▶ **WORK TO BE COMPLETED**:
Word for word, retype the entire listing.

────

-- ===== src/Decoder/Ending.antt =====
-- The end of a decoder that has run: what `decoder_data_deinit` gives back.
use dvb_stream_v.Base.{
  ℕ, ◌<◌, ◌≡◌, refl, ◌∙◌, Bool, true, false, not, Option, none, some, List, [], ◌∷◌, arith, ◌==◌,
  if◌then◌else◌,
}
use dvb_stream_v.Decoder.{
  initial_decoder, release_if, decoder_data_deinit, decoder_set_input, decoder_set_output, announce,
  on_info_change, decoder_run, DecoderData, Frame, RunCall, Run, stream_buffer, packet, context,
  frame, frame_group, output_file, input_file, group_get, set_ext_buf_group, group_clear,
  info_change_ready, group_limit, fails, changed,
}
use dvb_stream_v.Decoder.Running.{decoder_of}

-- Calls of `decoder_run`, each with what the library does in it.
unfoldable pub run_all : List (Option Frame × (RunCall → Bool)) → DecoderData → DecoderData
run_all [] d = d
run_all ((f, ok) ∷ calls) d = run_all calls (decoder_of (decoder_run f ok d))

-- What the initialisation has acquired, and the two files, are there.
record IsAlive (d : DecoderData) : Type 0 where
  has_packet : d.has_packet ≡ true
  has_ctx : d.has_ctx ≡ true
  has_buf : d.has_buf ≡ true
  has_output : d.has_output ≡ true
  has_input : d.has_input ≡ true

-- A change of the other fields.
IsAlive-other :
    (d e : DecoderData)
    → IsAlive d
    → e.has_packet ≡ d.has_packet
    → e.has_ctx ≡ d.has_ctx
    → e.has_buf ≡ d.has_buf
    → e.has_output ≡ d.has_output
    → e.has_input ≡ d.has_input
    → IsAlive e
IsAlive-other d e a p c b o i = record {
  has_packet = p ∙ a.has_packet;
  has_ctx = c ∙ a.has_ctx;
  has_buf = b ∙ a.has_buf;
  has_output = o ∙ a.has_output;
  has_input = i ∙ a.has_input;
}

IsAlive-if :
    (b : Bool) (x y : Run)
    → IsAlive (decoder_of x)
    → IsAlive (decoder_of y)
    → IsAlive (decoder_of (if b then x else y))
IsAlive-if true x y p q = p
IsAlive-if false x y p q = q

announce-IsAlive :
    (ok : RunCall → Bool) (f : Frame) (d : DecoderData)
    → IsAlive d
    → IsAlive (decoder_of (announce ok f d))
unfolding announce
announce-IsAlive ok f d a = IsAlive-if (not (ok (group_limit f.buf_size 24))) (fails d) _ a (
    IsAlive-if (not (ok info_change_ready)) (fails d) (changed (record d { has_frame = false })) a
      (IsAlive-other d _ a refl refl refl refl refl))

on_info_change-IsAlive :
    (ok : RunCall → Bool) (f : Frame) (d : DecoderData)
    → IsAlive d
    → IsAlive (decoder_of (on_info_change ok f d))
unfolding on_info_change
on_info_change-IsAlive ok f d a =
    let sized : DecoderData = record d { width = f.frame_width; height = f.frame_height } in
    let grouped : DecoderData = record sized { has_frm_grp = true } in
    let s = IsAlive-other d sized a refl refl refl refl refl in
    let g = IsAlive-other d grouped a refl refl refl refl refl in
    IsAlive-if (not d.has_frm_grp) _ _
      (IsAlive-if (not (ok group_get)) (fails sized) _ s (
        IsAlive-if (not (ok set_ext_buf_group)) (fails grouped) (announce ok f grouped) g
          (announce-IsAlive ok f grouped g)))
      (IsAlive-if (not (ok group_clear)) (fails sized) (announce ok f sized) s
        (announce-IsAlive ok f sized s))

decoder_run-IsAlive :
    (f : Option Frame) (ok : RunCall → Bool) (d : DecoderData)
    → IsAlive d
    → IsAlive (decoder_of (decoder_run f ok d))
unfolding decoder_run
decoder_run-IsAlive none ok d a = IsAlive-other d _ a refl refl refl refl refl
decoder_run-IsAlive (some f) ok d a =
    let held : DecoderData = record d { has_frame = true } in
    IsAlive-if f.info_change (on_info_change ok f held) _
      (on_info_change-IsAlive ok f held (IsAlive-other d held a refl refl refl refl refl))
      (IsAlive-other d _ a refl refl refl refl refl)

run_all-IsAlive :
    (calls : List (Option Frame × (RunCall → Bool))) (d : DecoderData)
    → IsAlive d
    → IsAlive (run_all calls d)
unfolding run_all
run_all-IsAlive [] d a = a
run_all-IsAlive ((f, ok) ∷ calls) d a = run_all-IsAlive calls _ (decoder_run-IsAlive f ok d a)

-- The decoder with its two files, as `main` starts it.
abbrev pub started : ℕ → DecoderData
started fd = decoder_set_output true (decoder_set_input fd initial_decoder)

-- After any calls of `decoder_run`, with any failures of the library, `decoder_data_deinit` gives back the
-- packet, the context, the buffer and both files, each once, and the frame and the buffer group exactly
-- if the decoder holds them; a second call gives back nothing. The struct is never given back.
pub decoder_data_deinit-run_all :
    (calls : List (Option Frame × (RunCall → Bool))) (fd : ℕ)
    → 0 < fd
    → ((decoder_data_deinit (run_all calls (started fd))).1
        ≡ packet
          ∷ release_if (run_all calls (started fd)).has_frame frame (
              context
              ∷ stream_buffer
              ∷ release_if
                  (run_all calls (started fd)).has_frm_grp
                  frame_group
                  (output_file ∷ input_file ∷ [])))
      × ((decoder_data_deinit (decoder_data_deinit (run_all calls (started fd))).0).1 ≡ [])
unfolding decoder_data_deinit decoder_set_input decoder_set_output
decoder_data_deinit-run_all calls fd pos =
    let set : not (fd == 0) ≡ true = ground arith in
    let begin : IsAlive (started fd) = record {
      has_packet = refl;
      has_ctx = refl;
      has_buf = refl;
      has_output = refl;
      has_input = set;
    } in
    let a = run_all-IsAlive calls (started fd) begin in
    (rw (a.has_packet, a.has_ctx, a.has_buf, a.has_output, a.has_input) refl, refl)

────

▶ **OUTPUT FOR THIS TASK**:
-- ===== src/Decoder/Ending.antt =====
-- The end of a decoder that has run: what `decoder_data_deinit` gives back.
use dvb_stream_v.Base.{
  ℕ, ◌<◌, ◌≡◌, refl, ◌∙◌, Bool, true, false, not, Option, none, some, List, [], ◌∷◌, arith, ◌==◌,
  if◌then◌else◌,
}
use dvb_stream_v.Decoder.{
  initial_decoder, release_if, decoder_data_deinit, decoder_set_input, decoder_set_output, announce,
  on_info_change, decoder_run, DecoderData, Frame, RunCall, Run, stream_buffer, packet, context,
  frame, frame_group, output_file, input_file, group_get, set_ext_buf_group, group_clear,
  info_change_ready, group_limit, fails, changed,
}
use dvb_stream_v.Decoder.Running.{decoder_of}

-- Calls of `decoder_run`, each with what the library does in it.
unfoldable pub run_all : List (Option Frame × (RunCall → Bool)) → DecoderData → DecoderData
run_all [] d = d
run_all ((f, ok) ∷ calls) d = run_all calls (decoder_of (decoder_run f ok d))

-- What the initialisation has acquired, and the two files, are there.
record IsAlive (d : DecoderData) : Type 0 where
  has_packet : d.has_packet ≡ true
  has_ctx : d.has_ctx ≡ true
  has_buf : d.has_buf ≡ true
  has_output : d.has_output ≡ true
  has_input : d.has_input ≡ true

-- A change of the other fields.
IsAlive-other :
    (d e : DecoderData)
    → IsAlive d
    → e.has_packet ≡ d.has_packet
    → e.has_ctx ≡ d.has_ctx
    → e.has_buf ≡ d.has_buf
    → e.has_output ≡ d.has_output
    → e.has_input ≡ d.has_input
    → IsAlive e
IsAlive-other d e a p c b o i = record {
  has_packet = p ∙ a.has_packet;
  has_ctx = c ∙ a.has_ctx;
  has_buf = b ∙ a.has_buf;
  has_output = o ∙ a.has_output;
  has_input = i ∙ a.has_input;
}

IsAlive-if :
    (b : Bool) (x y : Run)
    → IsAlive (decoder_of x)
    → IsAlive (decoder_of y)
    → IsAlive (decoder_of (if b then x else y))
IsAlive-if true x y p q = p
IsAlive-if false x y p q = q

announce-IsAlive :
    (ok : RunCall → Bool) (f : Frame) (d : DecoderData)
    → IsAlive d
    → IsAlive (decoder_of (announce ok f d))
unfolding announce
announce-IsAlive ok f d a = IsAlive-if (not (ok (group_limit f.buf_size 24))) (fails d) _ a (
    IsAlive-if (not (ok info_change_ready)) (fails d) (changed (record d { has_frame = false })) a
      (IsAlive-other d _ a refl refl refl refl refl))

on_info_change-IsAlive :
    (ok : RunCall → Bool) (f : Frame) (d : DecoderData)
    → IsAlive d
    → IsAlive (decoder_of (on_info_change ok f d))
unfolding on_info_change
on_info_change-IsAlive ok f d a =
    let sized : DecoderData = record d { width = f.frame_width; height = f.frame_height } in
    let grouped : DecoderData = record sized { has_frm_grp = true } in
    let s = IsAlive-other d sized a refl refl refl refl refl in
    let g = IsAlive-other d grouped a refl refl refl refl refl in
    IsAlive-if (not d.has_frm_grp) _ _
      (IsAlive-if (not (ok group_get)) (fails sized) _ s (
        IsAlive-if (not (ok set_ext_buf_group)) (fails grouped) (announce ok f grouped) g
          (announce-IsAlive ok f grouped g)))
      (IsAlive-if (not (ok group_clear)) (fails sized) (announce ok f sized) s
        (announce-IsAlive ok f sized s))

decoder_run-IsAlive :
    (f : Option Frame) (ok : RunCall → Bool) (d : DecoderData)
    → IsAlive d
    → IsAlive (decoder_of (decoder_run f ok d))
unfolding decoder_run
decoder_run-IsAlive none ok d a = IsAlive-other d _ a refl refl refl refl refl
decoder_run-IsAlive (some f) ok d a =
    let held : DecoderData = record d { has_frame = true } in
    IsAlive-if f.info_change (on_info_change ok f held) _
      (on_info_change-IsAlive ok f held (IsAlive-other d held a refl refl refl refl refl))
      (IsAlive-other d _ a refl refl refl refl refl)

run_all-IsAlive :
    (calls : List (Option Frame × (RunCall → Bool))) (d : DecoderData)
    → IsAlive d
    → IsAlive (run_all calls d)
unfolding run_all
run_all-IsAlive [] d a = a
run_all-IsAlive ((f, ok) ∷ calls) d a = run_all-IsAlive calls _ (decoder_run-IsAlive f ok d a)

-- The decoder with its two files, as `main` starts it.
abbrev pub started : ℕ → DecoderData
started fd = decoder_set_output true (decoder_set_input fd initial_decoder)

-- After any calls of `decoder_run`, with any failures of the library, `decoder_data_deinit` gives back the
-- packet, the context, the buffer and both files, each once, and the frame and the buffer group exactly
-- if the decoder holds them; a second call gives back nothing. The struct is never given back.
pub decoder_data_deinit-run_all :
    (calls : List (Option Frame × (RunCall → Bool))) (fd : ℕ)
    → 0 < fd
    → ((decoder_data_deinit (run_all calls (started fd))).1
        ≡ packet
          ∷ release_if (run_all calls (started fd)).has_frame frame (
              context
              ∷ stream_buffer
              ∷ release_if
                  (run_all calls (started fd)).has_frm_grp
                  frame_group
                  (output_file ∷ input_file ∷ [])))
      × ((decoder_data_deinit (decoder_data_deinit (run_all calls (started fd))).0).1 ≡ [])
unfolding decoder_data_deinit decoder_set_input decoder_set_output
decoder_data_deinit-run_all calls fd pos =
    let set : not (fd == 0) ≡ true = ground arith in
    let begin : IsAlive (started fd) = record {
      has_packet = refl;
      has_ctx = refl;
      has_buf = refl;
      has_output = refl;
      has_input = set;
    } in
    let a = run_all-IsAlive calls (started fd) begin in
    (rw (a.has_packet, a.has_ctx, a.has_buf, a.has_output, a.has_input) refl, refl)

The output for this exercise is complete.